*** Block opens ***

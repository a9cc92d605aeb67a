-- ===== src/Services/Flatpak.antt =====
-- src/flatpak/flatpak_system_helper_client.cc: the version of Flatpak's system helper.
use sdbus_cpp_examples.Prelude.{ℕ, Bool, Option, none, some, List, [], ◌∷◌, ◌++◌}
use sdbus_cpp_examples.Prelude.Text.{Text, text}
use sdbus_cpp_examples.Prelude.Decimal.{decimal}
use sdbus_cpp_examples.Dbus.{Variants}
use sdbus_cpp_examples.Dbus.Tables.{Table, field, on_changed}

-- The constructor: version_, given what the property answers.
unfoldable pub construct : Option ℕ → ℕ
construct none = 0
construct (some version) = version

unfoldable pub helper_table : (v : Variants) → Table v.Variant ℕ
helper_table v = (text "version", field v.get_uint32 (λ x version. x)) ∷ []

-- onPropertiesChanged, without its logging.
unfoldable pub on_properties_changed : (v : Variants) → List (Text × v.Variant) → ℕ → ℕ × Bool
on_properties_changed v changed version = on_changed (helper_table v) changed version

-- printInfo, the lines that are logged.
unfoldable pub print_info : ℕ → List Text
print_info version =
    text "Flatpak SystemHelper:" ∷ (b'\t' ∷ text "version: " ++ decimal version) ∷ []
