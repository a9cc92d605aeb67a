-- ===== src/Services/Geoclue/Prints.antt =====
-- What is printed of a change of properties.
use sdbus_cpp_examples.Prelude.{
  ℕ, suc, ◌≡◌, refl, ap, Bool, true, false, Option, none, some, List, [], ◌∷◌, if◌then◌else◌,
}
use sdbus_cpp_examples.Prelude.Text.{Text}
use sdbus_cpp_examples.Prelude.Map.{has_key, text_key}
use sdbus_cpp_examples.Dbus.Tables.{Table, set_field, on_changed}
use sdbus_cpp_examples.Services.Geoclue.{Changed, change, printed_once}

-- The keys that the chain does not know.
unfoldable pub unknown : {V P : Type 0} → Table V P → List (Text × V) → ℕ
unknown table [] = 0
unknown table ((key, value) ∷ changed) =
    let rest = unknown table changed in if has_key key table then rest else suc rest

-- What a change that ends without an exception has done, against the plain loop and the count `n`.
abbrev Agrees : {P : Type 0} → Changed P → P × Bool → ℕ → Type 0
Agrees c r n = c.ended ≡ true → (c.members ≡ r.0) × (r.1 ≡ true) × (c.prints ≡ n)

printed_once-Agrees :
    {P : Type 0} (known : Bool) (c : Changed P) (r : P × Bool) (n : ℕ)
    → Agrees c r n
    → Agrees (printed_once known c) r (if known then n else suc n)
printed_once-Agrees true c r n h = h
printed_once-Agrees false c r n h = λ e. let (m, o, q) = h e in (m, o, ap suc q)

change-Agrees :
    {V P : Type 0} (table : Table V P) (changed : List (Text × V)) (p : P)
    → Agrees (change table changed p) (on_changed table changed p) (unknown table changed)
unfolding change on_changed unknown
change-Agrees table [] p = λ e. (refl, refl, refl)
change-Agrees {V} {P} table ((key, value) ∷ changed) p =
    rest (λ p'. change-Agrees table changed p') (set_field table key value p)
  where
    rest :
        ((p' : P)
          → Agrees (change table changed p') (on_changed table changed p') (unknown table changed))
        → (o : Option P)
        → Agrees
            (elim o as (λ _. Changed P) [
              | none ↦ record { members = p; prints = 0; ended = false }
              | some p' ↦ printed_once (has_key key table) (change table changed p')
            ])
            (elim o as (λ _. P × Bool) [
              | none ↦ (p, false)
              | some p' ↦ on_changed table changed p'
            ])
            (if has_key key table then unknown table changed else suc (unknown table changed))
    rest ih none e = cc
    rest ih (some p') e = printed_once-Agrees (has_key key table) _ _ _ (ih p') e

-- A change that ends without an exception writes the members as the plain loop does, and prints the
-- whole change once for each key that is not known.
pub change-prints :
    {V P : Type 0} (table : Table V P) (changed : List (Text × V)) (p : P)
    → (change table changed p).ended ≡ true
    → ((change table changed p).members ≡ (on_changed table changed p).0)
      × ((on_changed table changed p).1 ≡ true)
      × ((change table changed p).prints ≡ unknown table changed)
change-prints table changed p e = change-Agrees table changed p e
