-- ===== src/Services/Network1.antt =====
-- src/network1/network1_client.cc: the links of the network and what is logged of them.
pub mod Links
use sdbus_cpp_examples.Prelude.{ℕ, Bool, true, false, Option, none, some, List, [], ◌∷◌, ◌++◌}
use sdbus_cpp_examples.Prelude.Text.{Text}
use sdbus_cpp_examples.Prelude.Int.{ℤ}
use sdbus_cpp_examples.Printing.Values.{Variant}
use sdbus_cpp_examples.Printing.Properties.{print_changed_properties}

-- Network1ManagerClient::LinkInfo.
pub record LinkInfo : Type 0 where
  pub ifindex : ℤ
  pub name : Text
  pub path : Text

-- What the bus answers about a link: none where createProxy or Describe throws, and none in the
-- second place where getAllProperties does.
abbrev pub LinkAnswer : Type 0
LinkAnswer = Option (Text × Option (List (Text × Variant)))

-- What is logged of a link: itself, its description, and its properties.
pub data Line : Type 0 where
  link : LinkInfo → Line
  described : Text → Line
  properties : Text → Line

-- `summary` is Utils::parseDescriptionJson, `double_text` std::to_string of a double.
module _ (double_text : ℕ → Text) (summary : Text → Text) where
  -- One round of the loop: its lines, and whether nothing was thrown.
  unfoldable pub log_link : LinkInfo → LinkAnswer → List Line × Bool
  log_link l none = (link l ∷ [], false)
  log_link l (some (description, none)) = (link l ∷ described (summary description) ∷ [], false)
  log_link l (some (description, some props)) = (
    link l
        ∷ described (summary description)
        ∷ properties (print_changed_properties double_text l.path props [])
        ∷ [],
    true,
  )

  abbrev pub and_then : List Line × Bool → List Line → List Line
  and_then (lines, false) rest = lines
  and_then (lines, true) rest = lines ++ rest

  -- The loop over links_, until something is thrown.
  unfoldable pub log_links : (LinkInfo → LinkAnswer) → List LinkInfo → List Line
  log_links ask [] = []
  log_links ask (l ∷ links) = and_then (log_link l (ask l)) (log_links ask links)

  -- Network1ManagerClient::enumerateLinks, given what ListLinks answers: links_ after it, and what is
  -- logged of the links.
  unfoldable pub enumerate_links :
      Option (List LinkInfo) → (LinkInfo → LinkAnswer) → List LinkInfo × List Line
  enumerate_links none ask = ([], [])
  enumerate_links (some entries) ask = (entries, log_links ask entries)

*** Block closes ***

Return the whole listing exactly as it reads.

repository a9cc92d605aeb67a
-- ===== src/Services/Flatpak.antt =====
-- src/flatpak/flatpak_system_helper_client.cc: the version of Flatpak's system helper.
use sdbus_cpp_examples.Prelude.{ℕ, Bool, Option, none, some, List, [], ◌∷◌, ◌++◌}
use sdbus_cpp_examples.Prelude.Text.{Text, text}
use sdbus_cpp_examples.Prelude.Decimal.{decimal}
use sdbus_cpp_examples.Dbus.{Variants}
use sdbus_cpp_examples.Dbus.Tables.{Table, field, on_changed}

-- The constructor: version_, given what the property answers.
unfoldable pub construct : Option ℕ → ℕ
construct none = 0
construct (some version) = version

unfoldable pub helper_table : (v : Variants) → Table v.Variant ℕ
helper_table v = (text "version", field v.get_uint32 (λ x version. x)) ∷ []

-- onPropertiesChanged, without its logging.
unfoldable pub on_properties_changed : (v : Variants) → List (Text × v.Variant) → ℕ → ℕ × Bool
on_properties_changed v changed version = on_changed (helper_table v) changed version

-- printInfo, the lines that are logged.
unfoldable pub print_info : ℕ → List Text
print_info version =
    text "Flatpak SystemHelper:" ∷ (b'\t' ∷ text "version: " ++ decimal version) ∷ []
repository a9cc92d605aeb67a
-- ===== src/Services/Geoclue/Prints.antt =====
-- What is printed of a change of properties.
use sdbus_cpp_examples.Prelude.{
  ℕ, suc, ◌≡◌, refl, ap, Bool, true, false, Option, none, some, List, [], ◌∷◌, if◌then◌else◌,
}
use sdbus_cpp_examples.Prelude.Text.{Text}
use sdbus_cpp_examples.Prelude.Map.{has_key, text_key}
use sdbus_cpp_examples.Dbus.Tables.{Table, set_field, on_changed}
use sdbus_cpp_examples.Services.Geoclue.{Changed, change, printed_once}

-- The keys that the chain does not know.
unfoldable pub unknown : {V P : Type 0} → Table V P → List (Text × V) → ℕ
unknown table [] = 0
unknown table ((key, value) ∷ changed) =
    let rest = unknown table changed in if has_key key table then rest else suc rest

-- What a change that ends without an exception has done, against the plain loop and the count `n`.
abbrev Agrees : {P : Type 0} → Changed P → P × Bool → ℕ → Type 0
Agrees c r n = c.ended ≡ true → (c.members ≡ r.0) × (r.1 ≡ true) × (c.prints ≡ n)

printed_once-Agrees :
    {P : Type 0} (known : Bool) (c : Changed P) (r : P × Bool) (n : ℕ)
    → Agrees c r n
    → Agrees (printed_once known c) r (if known then n else suc n)
printed_once-Agrees true c r n h = h
printed_once-Agrees false c r n h = λ e. let (m, o, q) = h e in (m, o, ap suc q)

change-Agrees :
    {V P : Type 0} (table : Table V P) (changed : List (Text × V)) (p : P)
    → Agrees (change table changed p) (on_changed table changed p) (unknown table changed)
unfolding change on_changed unknown
change-Agrees table [] p = λ e. (refl, refl, refl)
change-Agrees {V} {P} table ((key, value) ∷ changed) p =
    rest (λ p'. change-Agrees table changed p') (set_field table key value p)
  where
    rest :
        ((p' : P)
          → Agrees (change table changed p') (on_changed table changed p') (unknown table changed))
        → (o : Option P)
        → Agrees
            (elim o as (λ _. Changed P) [
              | none ↦ record { members = p; prints = 0; ended = false }
              | some p' ↦ printed_once (has_key key table) (change table changed p')
            ])
            (elim o as (λ _. P × Bool) [
              | none ↦ (p, false)
              | some p' ↦ on_changed table changed p'
            ])
            (if has_key key table then unknown table changed else suc (unknown table changed))
    rest ih none e = cc
    rest ih (some p') e = printed_once-Agrees (has_key key table) _ _ _ (ih p') e

-- A change that ends without an exception writes the members as the plain loop does, and prints the
-- whole change once for each key that is not known.
pub change-prints :
    {V P : Type 0} (table : Table V P) (changed : List (Text × V)) (p : P)
    → (change table changed p).ended ≡ true
    → ((change table changed p).members ≡ (on_changed table changed p).0)
      × ((on_changed table changed p).1 ≡ true)
      × ((change table changed p).prints ≡ unknown table changed)
change-prints table changed p e = change-Agrees table changed p e
-- ===== src/Services/Network1.antt =====
-- src/network1/network1_client.cc: the links of the network and what is logged of them.
pub mod Links
use sdbus_cpp_examples.Prelude.{ℕ, Bool, true, false, Option, none, some, List, [], ◌∷◌, ◌++◌}
use sdbus_cpp_examples.Prelude.Text.{Text}
use sdbus_cpp_examples.Prelude.Int.{ℤ}
use sdbus_cpp_examples.Printing.Values.{Variant}
use sdbus_cpp_examples.Printing.Properties.{print_changed_properties}

-- Network1ManagerClient::LinkInfo.
pub record LinkInfo : Type 0 where
  pub ifindex : ℤ
  pub name : Text
  pub path : Text

-- What the bus answers about a link: none where createProxy or Describe throws, and none in the
-- second place where getAllProperties does.
abbrev pub LinkAnswer : Type 0
LinkAnswer = Option (Text × Option (List (Text × Variant)))

-- What is logged of a link: itself, its description, and its properties.
pub data Line : Type 0 where
  link : LinkInfo → Line
  described : Text → Line
  properties : Text → Line

-- `summary` is Utils::parseDescriptionJson, `double_text` std::to_string of a double.
module _ (double_text : ℕ → Text) (summary : Text → Text) where
  -- One round of the loop: its lines, and whether nothing was thrown.
  unfoldable pub log_link : LinkInfo → LinkAnswer → List Line × Bool
  log_link l none = (link l ∷ [], false)
  log_link l (some (description, none)) = (link l ∷ described (summary description) ∷ [], false)
  log_link l (some (description, some props)) = (
    link l
        ∷ described (summary description)
        ∷ properties (print_changed_properties double_text l.path props [])
        ∷ [],
    true,
  )

  abbrev pub and_then : List Line × Bool → List Line → List Line
  and_then (lines, false) rest = lines
  and_then (lines, true) rest = lines ++ rest

  -- The loop over links_, until something is thrown.
  unfoldable pub log_links : (LinkInfo → LinkAnswer) → List LinkInfo → List Line
  log_links ask [] = []
  log_links ask (l ∷ links) = and_then (log_link l (ask l)) (log_links ask links)

  -- Network1ManagerClient::enumerateLinks, given what ListLinks answers: links_ after it, and what is
  -- logged of the links.
  unfoldable pub enumerate_links :
      Option (List LinkInfo) → (LinkInfo → LinkAnswer) → List LinkInfo × List Line
  enumerate_links none ask = ([], [])
  enumerate_links (some entries) ask = (entries, log_links ask entries)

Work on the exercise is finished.